The decision whether to treat dry eye with eye drops, a gel, or an ointment mainly depends on the frequency with which drops will have to be instilled, and on the lens-wearing regimen. A gel or ointment is preferable at times when the patient is not wearing contact lenses, e.g., during sleep, so that drops will not have to be instilled too frequently, although the patient may be bothered by the temporary impairment of vision that these preparations cause. Only eye drops can be used while the patient is wearing contact lenses.

Non-water-soluble medications delivered directly into the cul-de-sac are contraindicated while the patient is wearing contact lenses, as such substances can adhere to and damage the lenses. They can be used to restore the tear film only after the contact lenses have been removed, typically at night.

The proper dosage of medications for dry eye must be determined individually for each patient. Adequate relief for the entire day is often obtained from the instillation of a single drop of artificial tear solution in the morning upon awakening or from the use of a wetting solution during lens insertion. The optimal dosing schedule can only be determined by observing how long the patient is asymptomatic after the instillation of a single drop. The most common error in the treatment of dry eye in contact lens wearers is overdosing. If eyedrops are instilled too frequently, they interfere with the natural regulatory circuit of reflex-driven tear secretion and reduce the patient’s own tear production, thereby worsening the condition they were supposed to treat.

Thus, the treatment for dry eye cannot be considered a routine matter. The eye drops that are chosen for the initial treatment must not be continually re-prescribed without follow-up; rather, the anterior ocular segment must be regularly re-examined to document the effect of treatment. In other words, the treatment of dry eye in a contact lens wearer requires just as much care as, for example, the treatment of glaucoma.

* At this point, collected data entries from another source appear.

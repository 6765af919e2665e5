-- ===== src/Bus/Worker/Waits.antt =====
-- The waits of a worker and of the retry loop.
use mathlib.Core.Bool.{not}
use sse_eventbus_go.Prelude.{
  ℕ, ◌+◌, ◌≤◌, Bool, true, false, ◌&&◌, ◌||◌, List, [], ◌∷◌, Option, none, some, ◌≡◌, refl, ◌⊎◌,
  inl, inr, arith, leb, is_some, Bool-cases,
}
use sse_eventbus_go.Bus.Worker.{
  WaitLook, Wait, wait_for_retry, RetryRound, ends, drops, passes_on, refused_by_queue, after_push,
  waits, after_popped, retry_round,
}
use sse_eventbus_go.Errors.{Fallible}
use sse_eventbus_go.Retry.{RetryEvent, RetryQueue, Due, shut, empty, not_before, due}
use sse_eventbus_go.Retry.Order.{Gives, gives, Gives-bind}
use sse_eventbus_go.Retry.Queue.{IsValid, IsDue, pop_due-IsDue}

-- What a round of retryLoop does on a queue at the time `now`: the event that it takes is due and the
-- earliest one, and it waits no longer than to the time of the earliest event and than the scheduler's
-- delay.
abbrev pub IsRetryRound :
    (RetryEvent → Bool)
    → (RetryEvent → Fallible)
    → ℕ
    → ℕ
    → ℕ
    → RetryQueue
    → RetryRound × RetryQueue
    → Type 0
IsRetryRound current push now later scheduler_delay q (ends, r) = (q.is_closed ≡ true) × (r ≡ q)
IsRetryRound current push now later scheduler_delay q (drops e, r) =
    (current e ≡ false) × IsDue now q (due e, r)
IsRetryRound current push now later scheduler_delay q (passes_on e, r) =
    (current e ≡ true) × (push e ≡ none) × IsDue now q (due e, r)
IsRetryRound current push now later scheduler_delay q (refused_by_queue e err, r) =
    (current e ≡ true) × (push e ≡ some err) × IsDue now q (due e, r)
IsRetryRound current push now later scheduler_delay q (waits none, r) =
    (q.is_closed ≡ false) × (q.items ≡ []) × (r ≡ q)
IsRetryRound current push now later scheduler_delay q (waits (some delay), r) =
    (q.is_closed ≡ false)
    × (r ≡ q)
    × (delay ≤ scheduler_delay)
    × ((time : ℕ) × IsDue now q (not_before time, r) × ((later + delay ≤ time) ⊎ (delay ≡ 0)))

after_push-IsRetryRound :
    (current : RetryEvent → Bool) (push : RetryEvent → Fallible) (now later scheduler_delay : ℕ)
    (q : RetryQueue) (e : RetryEvent) (r : RetryQueue)
    → current e ≡ true
    → IsDue now q (due e, r)
    → (err : Fallible) → push e ≡ err
    → IsRetryRound current push now later scheduler_delay q (after_push e err, r)
after_push-IsRetryRound current push now later scheduler_delay q e r fresh p none same =
    (fresh, same, p)
after_push-IsRetryRound current push now later scheduler_delay q e r fresh p (some err) same =
    (fresh, same, p)

after_popped-IsRetryRound :
    (current : RetryEvent → Bool) (push : RetryEvent → Fallible) (now later scheduler_delay : ℕ)
    (q : RetryQueue) (d : Due) (r : RetryQueue)
    → IsDue now q (d, r)
    → IsRetryRound current push now later scheduler_delay q
        (after_popped current push later scheduler_delay (d, r))
after_popped-IsRetryRound current push now later scheduler_delay q shut r p = p
after_popped-IsRetryRound current push now later scheduler_delay q empty r p = p
after_popped-IsRetryRound current push now later scheduler_delay q (not_before time) r
      (open_, early, first, same) =
    (open_, same, omega arith, (time, (open_, early, first, same), ground arith))
after_popped-IsRetryRound current push now later scheduler_delay q (due e) r p =
    elim (Bool-cases (current e)) [
      | inl fresh ↦ rw fresh (
          after_push-IsRetryRound current push now later scheduler_delay q e r fresh p (push e)
            refl)
      | inr stale ↦ rw stale (stale, p)
    ]

-- On a valid queue a round of retryLoop never panics. It ends exactly on a closed queue, or if the send
-- queue refuses a due event. Otherwise it passes the earliest event on if that is due and current,
-- drops it if it is due and stale, and waits if there is none or it is not due.
pub retry_round-IsRetryRound :
    (current : RetryEvent → Bool) (push : RetryEvent → Fallible) (now later scheduler_delay : ℕ)
    (q : RetryQueue)
    → IsValid q
    → Gives
        (IsRetryRound current push now later scheduler_delay q)
        (retry_round current push now later scheduler_delay q)
unfolding retry_round
retry_round-IsRetryRound current push now later scheduler_delay q v =
    Gives-bind (pop_due-IsDue now q v)
      λ r p. gives (after_popped-IsRetryRound current push now later scheduler_delay q r.0 r.1 p)

-- A look at which the event may be sent: current, its client active, the bus not stopped, and due.
abbrev pub is_ready_look : ℕ → WaitLook → Bool
is_ready_look retry_after look =
    look.current && look.active && not look.stopped && leb retry_after look.now

pub any_look : (WaitLook → Bool) → List WaitLook → Bool
any_look test [] = false
any_look test (look ∷ looks) = test look || any_look test looks

pub all_at_most : ℕ → List ℕ → Bool
all_at_most limit [] = true
all_at_most limit (n ∷ ns) = leb n limit && all_at_most limit ns

abbrev pub is_ready : Option Bool → Bool
is_ready none = false
is_ready (some ready) = ready

-- waitForRetry returns true only at a look at which the event is current, its client active and the
-- time reached, returns at the latest at the first look after that time, and sleeps no longer at a
-- time than the scheduler's delay.
pub record IsWait (scheduler_delay retry_after : ℕ) (looks : List WaitLook) (w : Wait)
    : Type 0 where
  pub due : not (is_ready w.ready) || any_look (is_ready_look retry_after) looks ≡ true
  pub ended : not (any_look (λ look. leb retry_after look.now) looks) || is_some w.ready ≡ true
  pub short : all_at_most scheduler_delay w.sleeps ≡ true

pub wait_for_retry-IsWait :
    (scheduler_delay retry_after : ℕ) (looks : List WaitLook)
    → IsWait scheduler_delay retry_after looks (wait_for_retry scheduler_delay retry_after looks)
unfolding wait_for_retry any_look all_at_most
wait_for_retry-IsWait scheduler_delay retry_after [] = record {
  due = refl;
  ended = refl;
  short = refl;
}
wait_for_retry-IsWait scheduler_delay retry_after (look ∷ looks) =
    let w = wait_for_retry-IsWait scheduler_delay retry_after looks in
    record {
      due = ground (arith, w.due);
      ended = ground (arith, w.ended);
      short = ground (arith, w.short);
    }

A new form of treatment for dry eye is the application of so-called dry-eye ointment once or twice daily to the lower lid, rather than in the conjunctival sac. The ease of use of this method is its main advantage, particularly for elderly patients. Recent research further suggests that dry eye in contact lens wearers can be efficiently treated with tear-stimulating substances delivered in liposomes in the form of a spray. A single application of spray results in pachymetric stabilization of the cornea and normalization of the elevated temperature of the anterior surface of the eye for up to 2 hours. This form of treatment commends itself for use in the workplace, as a single application of spray onto the closed eyelids can relieve symptoms for several hours.

Eye injuries in contact lens wearers should be treated according to the usual ophthalmological principles, with the addition that antibiotics should always be given, as the wearing of contact lenses confers a higher risk of post-traumatic infection.

After a chemical exposure, the contact lens must be safely removed before the eye is rinsed and treated with buffer solution in the usual fashion. Likewise, whenever ocular trauma is to be treated surgically, the ophthalmologist must first be sure to remove the contact lens, or any contact lens fragments, from the operative field.

In peroxide exposures, the lens must be removed from the eye at once, which may be difficult because of the painful blepharospasm. Copious rinsing with sterile isotonic saline (or, if this is unobtainable, with tap water) helps to dilute the offending chemical and wash it out of the eye. In the ideal situation, a neutralizing solution for peroxide is ready at hand; rinsing with it is the easiest and safest way to neutralize the offending chemical. Afterward, ointment is used to promote reepithelialization. Larger epithelial defects require additional antibiotic coverage.